1.3 The headings in these Standard Conditions of Purchase are for ease of reference only and shall not affect their interpretation.

1.4 Where these Standard Conditions of Purchase pertain to an order for sub-contract works (where there is a separate signed subcontract agreement between the Contractor and the Supplier) the obligations in both documents shall be cumulative, but in the event of conflict, the conditions of sub-contract will take precedence over the conditions set out in this document.

1.5 If any provision or part-provision of these Standard Conditions of Purchase is or becomes invalid, illegal or unenforceable, it shall be deemed deleted, but that shall not affect the validity and enforceability of the rest of the Standard Conditions of Purchase.

1.6 No failure or delay by a party to exercise any right or remedy provided under this agreement or by law shall constitute a waiver of that or any other right or remedy, nor shall it prevent or restrict the further exercise of that or any other right or remedy. No single or partial exercise of such right or remedy shall prevent or restrict the further exercise of that or any other right or remedy.

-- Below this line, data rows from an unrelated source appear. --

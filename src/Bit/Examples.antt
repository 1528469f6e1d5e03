-- ===== src/Bit/Examples.antt =====
-- Runs of the bit functions.
use hlibc.Base.{ℕ, ◌-◌, ◌≡◌, refl, List, [], ◌∷◌, ◌==◌, if◌then◌else◌, arith}
use hlibc.Bit.Bytes.{get_unaligned_le, put_unaligned_le, put_unaligned_be, bswap}
use hlibc.Bit.Sets.{bit_test, bit_set, bit_clear, bit_flip}
use hlibc.Bit.SetsLaws.{mirror, bit_test_stored}
use hlibc.Bit.Rotate.{rotl, rotr, rotr-rotl}

abbrev base : List ℕ
base = 5 ∷ 130 ∷ []

bit_test_stored_example :
    (bit_test (bit_set base 11) 12 ≡ (if 12 == mirror 11 then 1 else bit_test base 12))
    × (bit_test (bit_clear base 11) 12 ≡ (if 12 == mirror 11 then 0 else bit_test base 12))
    × (bit_test (bit_flip base 11) 12
        ≡ (if 12 == mirror 11 then 1 - bit_test base 12 else bit_test base 12))
bit_test_stored_example = bit_test_stored base 11 12 (omega arith)

rotr-rotl_example : (rotr 8 (rotl 8 178 3) 3 ≡ 178) × (rotl 8 (rotr 8 178 3) 3 ≡ 178)
rotr-rotl_example = rotr-rotl 8 178 3 (omega arith) (omega arith) (omega arith)

stored_big : put_unaligned_be 2 4660 ≡ 18 ∷ 52 ∷ []
unfolding put_unaligned_be bswap get_unaligned_le put_unaligned_le
stored_big = refl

1.7 The Purchase Order is not valid unless issued by an authorised representative of the Contractor.

  1. PRICE

2.1 The Price shall, unless otherwise stated, be deemed to include Delivery to the Delivery Address during Contractor’s normal hours, and shall include for all taxes and other impositions, charges, expenses, storage packing, cost of packing materials, loading, off-loading (subject to clause 4), transport, carriage, duties, customs clearance, insurance, and any other associated cost in respect of the Goods and/ or Services upon the Supplier or any other person before Delivery. The Price shall be fixed unless otherwise agreed in writing between the Contractor and the Supplier. The Price is deemed to include for all consequences of any change in Law whether or not foreseeable as of the date of the Purchase Contract, or in respect of any change in Law prior to the date of the Purchase Contract where consequences are said to arise after the date of the Purchase Contract.

2.2 As a precondition to payment, any deviations or alterations whatsoever to this Purchase Contract or any of the Goods, materials, work or Services to be provided by the Supplier thereunder are subject to the Contractor’s prior written consent. Payment requests for unauthorised work, services or goods shall be otherwise inadmissible.

2.3 If the Price is omitted from this order, it is agreed that the Price shall be the lowest prevailing market price, but in no case more than the last quotation less discount from the Supplier.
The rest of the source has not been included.